A Refuse-to-File Letter That Stunned the Industry

The U.S. Food and Drug Administration has refused to even review Moderna's application for what would have been the world's first mRNA-based influenza vaccine, a decision the company says blindsided its leadership and contradicts guidance the agency itself provided before the pivotal trial began. The FDA issued a formal Refuse-to-File (RTF) letter targeting the biologics license application for mRNA-1010, Moderna's seasonal flu shot candidate, citing concerns not with the vaccine's safety or efficacy but with the design of the Phase 3 clinical trial.

The letter, dated February 3 and authored by top vaccine official Vinay Prasad, stated that the trial was not "adequate and well-controlled" because the comparator vaccine used in the study did not reflect the "best-available standard of care in the United States at the time of the study." Notably, the agency did not identify any specific safety or efficacy problems with mRNA-1010 itself.

The Comparator Controversy

At the heart of the dispute is which existing flu vaccine Moderna chose as the benchmark against which mRNA-1010 was measured. In its Phase 3 program, Moderna used a licensed standard-dose seasonal influenza vaccine as the comparator. The FDA now contends that Moderna should have used one of the enhanced vaccines preferentially recommended for adults over 65, such as Sanofi's Fluzone High-Dose, Seqirus's Fluad, or Sanofi's Flublok.

Moderna disputes that interpretation, pointing to a pre-Phase 3 consultation with the FDA's Center for Biologics Evaluation and Research (CBER) in April 2024, during which agency officials stated that a licensed standard-dose vaccine would be an acceptable comparator. CBER recommended, but did not require, the use of enhanced vaccines for the older-adult subgroup.
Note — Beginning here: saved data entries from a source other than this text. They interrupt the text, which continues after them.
-- ===== src/Resources/I2cBus.antt =====
-- resources/i2c.py.
use teensy_io.Base.{ℕ, ◌<◌, ◌≤◌, Option, some, List, [], ◌∷◌, ◌++◌, length, true}
use teensy_io.Base.{◌≡◌, arith}
use teensy_io.Base.Int.{ℤ, pos, ltb_ℤ}
use teensy_io.Protocol.Commands.{CommandId}
use teensy_io.Protocol.Errors.{Error}
use teensy_io.Protocol.Exec.{Exec, pure, gets, lift, modify, raise_if, ◌>>=◌, ◌>>◌}
use teensy_io.Resources.{Io, Held, on_io, bytes_of, outside, required, u7_address, pack_u32}

pub record I2cBus : Type 0 where
  pub bus : Option ℤ
  pub frequency : ℤ

module _ {S : Type 0} (io : Io S) where
  unfoldable pub configure : ℤ → ℤ → Exec (Held I2cBus S) (Unit {0})
  configure bus frequency = do
    raise_if (outside 0 255 bus) Error.value_error
    raise_if (ltb_ℤ frequency (pos 1)) Error.value_error
    modify (λ h. record h { self = record { bus = some bus; frequency = frequency } })
    front ← lift (bytes_of (bus ∷ []))
    packed ← lift (pack_u32 frequency)
    on_io (io.command CommandId.config_i2c_bus (front ++ packed) true)
    pure tt

  unfoldable pub write : ℤ → List ℕ → Exec (Held I2cBus S) (Unit {0})
  unfolding u7_address
  write address data' = do
    checked ← gets (λ h. required h.self.bus)
    bus ← lift checked
    target ← lift (u7_address address)
    front ← lift (bytes_of (bus ∷ target ∷ pos (length data') ∷ []))
    on_io (io.command CommandId.i2c_write (front ++ data') true)
    pure tt

  unfoldable pub read : ℤ → ℤ → Exec (Held I2cBus S) (List ℕ)
  unfolding u7_address
  read address size = do
    checked ← gets (λ h. required h.self.bus)
    bus ← lift checked
    raise_if (outside 0 128 size) Error.value_error
    target ← lift (u7_address address)
    payload ← lift (bytes_of (bus ∷ target ∷ size ∷ []))
    on_io (io.command CommandId.i2c_read payload true)

module _ {S : Type 0} (io : Io S) where
  -- The one command of a write whose bus, address and length fit a byte each.
  pub write-command :
      (bus address : ℕ) (frequency : ℤ) (data' : List ℕ) (s : S)
      → bus < 256
      → address ≤ 127
      → length data' < 256
      → (let h : Held I2cBus S = record {
        self = record { bus = some (pos bus); frequency = frequency };
        io = s;
      } in
          write io (pos address) data' h
          ≡ (on_io (io.command CommandId.i2c_write (bus ∷ address ∷ length data' ∷ data') true)
                >> pure tt)
              h)
  unfolding write bytes_of
  write-command bus address frequency data' s b a l = ground arith
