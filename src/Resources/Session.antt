-- ===== src/Resources/Session.antt =====
-- `TeensyIO` as the resources see it: `_command` of the client, and its dictionaries of numbers.
use Prim.Native.String.{String}
use teensy_io.Base.{
  Bool, ◌++◌, ◌==◌, ◌&&◌, ℕ, ◌+◌, ◌<◌, ◌≤◌, List, ◌∷◌, length, some, none, if◌then◌else◌, [], true,
}
use teensy_io.Base.{◌≡◌, ap, ◌∙◌, arith}
use teensy_io.Base.Int.{ℤ, pos, negsuc}
use teensy_io.Protocol.Commands.{CommandId, ResourceKind, kind_code}
use teensy_io.Protocol.Errors.{Error, Result, ok, err}
use teensy_io.Protocol.Exec.{Exec, bind_raise, pure, on, modify}
use teensy_io.Transport.{Transport}
use teensy_io.Client.Session.{Session, command}
use teensy_io.Client.Session.Commands.{command_too_long}
use teensy_io.Resources.{Io, Held, on_io, text_eq}
use teensy_io.Resources.Ids.{id_for}
use teensy_io.Resources.Pin.{Pin}
use teensy_io.Resources.Pwm.{PwmOutput}
use teensy_io.Resources.Analog.{AnalogInput}
use teensy_io.Resources.Counter.{PulseCounter}
use teensy_io.Resources.Encoder.{QuadratureEncoder}
use teensy_io.Resources.Dac.{DacOutput}
use teensy_io.Resources.I2cBus.{I2cBus, write, write-command}

-- What the resources use of the client beside its dictionaries, over the rest `S` of its state.
pub record Channel (S : Type 0) : Type 0 where
  pub send : CommandId → List ℕ → Bool → Exec S (List ℕ)
  pub add_callback : ℤ → ℕ → Exec S (Unit {0})
  pub now : S → ℕ

-- `TeensyIO`: its dictionaries beside the rest.
pub record Board (S : Type 0) : Type 0 where
  pub session : S
  pub pins : List (String × Pin)
  pub pwms : List (String × PwmOutput)
  pub analogs : List (String × AnalogInput)
  pub counters : List (String × PulseCounter)
  pub encoders : List (String × QuadratureEncoder)
  pub i2c_buses : List (String × I2cBus)
  pub dacs : List (String × DacOutput)
  pub counter_ids : List (String × ℕ)
  pub encoder_ids : List (String × ℕ)
  pub dac_ids : List (String × ℕ)

abbrev pub on_session : {S A : Type 0} → Exec S A → Exec (Board S) A
on_session = on (λ b. b.session) (λ b s. record b { session = s })

-- `items.setdefault(name, new)`, and the dictionary after it
unfoldable pub setdefault : {P : Type 0} → String → P → List (String × P) → P × List (String × P)
setdefault name new [] = (new, (name, new) ∷ [])
setdefault name new ((n, item) ∷ rest) =
    let (found, rest') = setdefault name new rest in
    if text_eq name n then (item, (n, item) ∷ rest) else (found, (n, item) ∷ rest')

-- A new `Pin`
abbrev pub new_pin : Pin
new_pin = record { physical_pin = none }

unfoldable pub board_io : {S : Type 0} → Channel S → Io (Board S)
unfolding id_for setdefault
board_io {S} io = record {
  command = λ code payload expect. on_session (io.send code payload expect);
  counter_id = λ name b.
      let (id, ids) = id_for name b.counter_ids in (ok id, record b { counter_ids = ids });
  encoder_id = λ name b.
      let (id, ids) = id_for name b.encoder_ids in (ok id, record b { encoder_ids = ids });
  dac_id = λ name b. let (id, ids) = id_for name b.dac_ids in (ok id, record b { dac_ids = ids });
  pin_number = λ name b.
      let (pin, pins) = setdefault name new_pin b.pins in
      (ok pin.physical_pin, record b { pins = pins });
  add_edge_callback = λ pin callback. on_session (io.add_callback pin callback);
  now = λ b. io.now b.session;
}

-- `self.io._edge_callbacks.setdefault(key, []).append(callback)`
unfoldable pub append_callback :
    ℕ → ℕ → List ((ResourceKind × ℕ) × List ℕ) → List ((ResourceKind × ℕ) × List ℕ)
append_callback pin callback [] = ((ResourceKind.digital, pin), callback ∷ []) ∷ []
append_callback pin callback (((k, i), callbacks) ∷ rest) =
    let rest' = append_callback pin callback rest in
    if kind_code ResourceKind.digital == kind_code k && pin == i
    then ((k, i), callbacks ++ callback ∷ []) ∷ rest
    else ((k, i), callbacks) ∷ rest'

-- The callbacks under a negative number are left out: no event has such a number, so that nothing
-- looks for them.
unfoldable pub session_channel : {T : Type 0} → Transport T → Channel (Session T)
unfolding append_callback
session_channel {T} io = record { send = command io; add_callback = add; now = λ s. io.now s.link }
  where
    add : ℤ → ℕ → Exec (Session T) (Unit {0})
    add (pos pin) callback = modify (λ s. record s {
      inbox = record s.inbox {
        edge_callbacks = append_callback pin callback s.inbox.edge_callbacks;
      };
    })
    add (negsuc pin) callback = pure tt

-- `I2cBus.write` takes up to 255 bytes, but the packet has room for 124 of them: with more, the call
-- raises `ProtocolError` and sends nothing, and a sequence number is gone.
pub write-too_long :
    {T : Type 0} (io : Transport T) (bus address : ℕ) (frequency : ℤ) (data' : List ℕ)
    (b : Board (Session T))
    → bus < 256
    → address ≤ 127
    → 125 ≤ length data'
    → length data' < 256
    → write
        (board_io (session_channel io))
        (pos address)
        data'
        (record { self = record { bus = some (pos bus); frequency = frequency }; io = b })
      ≡ (
        err Error.protocol,
        record {
          self = record { bus = some (pos bus); frequency = frequency };
          io = record b { session = record b.session { seq = b.session.seq + 1 } };
        },
      )
unfolding board_io session_channel
write-too_long {T} io bus address frequency data' b hb ha long short =
    write-command (board_io (session_channel io)) bus address frequency data' b hb ha short
    ∙ bind_raise (on_io ((board_io (session_channel io)).command CommandId.i2c_write sent true))
        (λ _. pure tt) (held b) Error.protocol (ap (λ x. x.0) refused)
    ∙ ap {B = Result (Unit {0}) × Held I2cBus (Board (Session T))}
        (λ (x : Result (List ℕ) × Session T).
          (err Error.protocol, held (record b { session = x.1 })))
        refused
  where
    sent : List ℕ
    sent = bus ∷ address ∷ length data' ∷ data'

    held : Board (Session T) → Held I2cBus (Board (Session T))
    held c = record { self = record { bus = some (pos bus); frequency = frequency }; io = c }

    refused :
        command io CommandId.i2c_write sent true b.session
        ≡ (err Error.protocol, record b.session { seq = b.session.seq + 1 })
    refused = command_too_long io CommandId.i2c_write sent b.session true (omega arith)
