-- ===== src/Device.antt =====
-- The front end of client.py: `TeensyIO` with its dictionaries of named resources. A resource keeps a
-- reference to the client; a method of a resource runs on the entry of its dictionary.
pub mod Control
pub mod Refs
pub mod Configure
pub mod Create
pub mod Never
pub mod Methods
pub mod Checked
pub mod Valid
pub mod Accepted
pub mod Registry
use Prim.Native.String.{String}
use teensy_io.Base.{ℕ, Option, none, some, List, [], ◌∷◌, if◌then◌else◌}
use teensy_io.Base.Int.{ℤ, pos}
use teensy_io.Protocol.Errors.{Result, ok, err, stuck}
use teensy_io.Protocol.Exec.{Exec, pure, lift, gets, ◌>>=◌, ◌>>◌}
use teensy_io.Resources.{Io, Held, on_io, text_eq}
use teensy_io.Resources.Pin.{Pin}
use teensy_io.Resources.Pwm.{PwmOutput}
use teensy_io.Resources.Analog.{AnalogInput}
use teensy_io.Resources.Counter.{PulseCounter}
use teensy_io.Resources.Encoder.{QuadratureEncoder}
use teensy_io.Resources.I2cBus.{I2cBus}
use teensy_io.Resources.Dac.{DacOutput, attach_i2c}
use teensy_io.Resources.Session.{Board, Channel, board_io, setdefault, new_pin}

-- `name in items`, and `items[name]`
unfoldable pub find_item : {P : Type 0} → String → List (String × P) → Option P
find_item name [] = none
find_item name ((n, item) ∷ rest) = if text_eq name n then some item else find_item name rest

-- The dictionary after a method has changed the object under a name.
unfoldable pub put_item : {P : Type 0} → String → P → List (String × P) → List (String × P)
put_item name item [] = []
put_item name item ((n, old) ∷ rest) =
    let rest' = put_item name item rest in
    if text_eq name n then (n, item) ∷ rest else (n, old) ∷ rest'

module _ {S : Type 0} where
  -- A method of `items.setdefault(name, new)`: the entry is there before the method starts, and also
  -- if it raises.
  unfoldable pub named :
      {P A : Type 0}
      → (Board S → List (String × P))
      → (Board S → List (String × P) → Board S)
      → P
      → String
      → Exec (Held P (Board S)) A
      → Exec (Board S) A
  unfolding setdefault put_item
  named {P} {A} items put new name method b =
      let (item, entries) = setdefault name new (items b) in
      after (method (record { self = item; io = put b entries }))
    where
      after : Result A × Held P (Board S) → Result A × Board S
      after (r, h) = (r, put h.io (put_item name h.self (items h.io)))

  -- `self.pin(name).method(…)`, and so on for the other kinds.
  unfoldable pub on_pin : {A : Type 0} → String → Exec (Held Pin (Board S)) A → Exec (Board S) A
  unfolding named
  on_pin name method = named (λ b. b.pins) (λ b x. record b { pins = x }) new_pin name method

  unfoldable pub on_pwm :
      {A : Type 0} → String → Exec (Held PwmOutput (Board S)) A → Exec (Board S) A
  unfolding named
  on_pwm name method =
      named (λ b. b.pwms) (λ b x. record b { pwms = x }) (record { physical_pin = none }) name
        method

  unfoldable pub on_analog :
      {A : Type 0} → String → Exec (Held AnalogInput (Board S)) A → Exec (Board S) A
  unfolding named
  on_analog name method =
      named (λ b. b.analogs) (λ b x. record b { analogs = x })
        (record { physical_pin = none; samples = pos 1 }) name method

  unfoldable pub on_counter :
      {A : Type 0} → String → Exec (Held PulseCounter (Board S)) A → Exec (Board S) A
  unfolding named
  on_counter name method =
      named (λ b. b.counters) (λ b x. record b { counters = x })
        (record { name = name; id = none; last_count = pos 0; samples = [] }) name method

  unfoldable pub on_encoder :
      {A : Type 0} → String → Exec (Held QuadratureEncoder (Board S)) A → Exec (Board S) A
  unfolding named
  on_encoder name method =
      named (λ b. b.encoders) (λ b x. record b { encoders = x })
        (record { name = name; id = none; last_position = pos 0 }) name method

  unfoldable pub on_i2c_bus :
      {A : Type 0} → String → Exec (Held I2cBus (Board S)) A → Exec (Board S) A
  unfolding named
  on_i2c_bus name method =
      named (λ b. b.i2c_buses) (λ b x. record b { i2c_buses = x })
        (record { bus = none; frequency = pos 400000 }) name method

  unfoldable pub on_dac :
      {A : Type 0} → String → Exec (Held DacOutput (Board S)) A → Exec (Board S) A
  unfolding named
  on_dac name method =
      named (λ b. b.dacs) (λ b x. record b { dacs = x })
        (record {
          name = name;
          id = none;
          bus_name = none;
          address = none;
          channels = 1;
          resolution_bits = 12;
        })
        name method

  -- `DacOutput.attach_i2c`, from its first line on: the bus is looked up in the client.
  unfoldable pub attach_dac :
      Channel S → String → ℤ → ℤ → ℤ → Exec (Held DacOutput (Board S)) (Unit {0})
  unfolding on_i2c_bus
  attach_dac io bus address channels resolution_bits = do
    number ← on_io (on_i2c_bus bus (gets (λ h. h.self.bus)))
    attach_i2c (board_io io) number bus address channels resolution_bits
Armed with that guidance, Moderna designed and executed its trial accordingly.

The company has requested a meeting with FDA officials to understand how to move forward and has described the refusal as inconsistent with prior agency feedback.

Strong Clinical Data Left on the Table

The rejected application contained data from two Phase 3 studies enrolling more than 43,800 participants. According to Moderna, both trials met all pre-specified primary endpoints and demonstrated statistical superiority of mRNA-1010 over their respective comparators, a result that, under normal circumstances, would position a vaccine candidate strongly for regulatory approval.

The Kennedy Factor

The FDA's decision lands in a political environment that has grown increasingly hostile toward vaccines and mRNA technology in particular. Health and Human Services Secretary Robert F. Kennedy Jr., a longtime anti-vaccine activist, oversees the agency and has already moved to dramatically slash childhood vaccine recommendations and cancel roughly $500 million in federal research funding earmarked for mRNA vaccine development.

Prasad, the FDA official who signed the RTF letter, was an outspoken critic of the government's pandemic response before being appointed to his current post under Kennedy's leadership. Critics argue that the refusal represents regulatory hostility dressed up as a procedural objection, a way to block mRNA technology without having to evaluate the underlying science on its merits.

International Regulators See It Differently

While the FDA has shut the door on review, regulatory agencies in other major markets have taken a different stance. Moderna has confirmed that mRNA-1010 has been accepted for regulatory review in the European Union, Canada, and Australia, with additional submissions planned throughout 2026. If those agencies approve the vaccine, it would create the unusual situation of an American-developed product being available to patients overseas but not in the United States.

What Comes Next

Moderna's stock took a hit on the announcement, and the broader mRNA sector felt the chill. The company's leadership must now decide whether to redesign its U.S. trial program with a different comparator, a process that could add years of delay, or to pursue alternative regulatory pathways. In the meantime, the decision raises uncomfortable questions about whether scientific rigor or political ideology is driving vaccine regulation in the United States during the Kennedy era.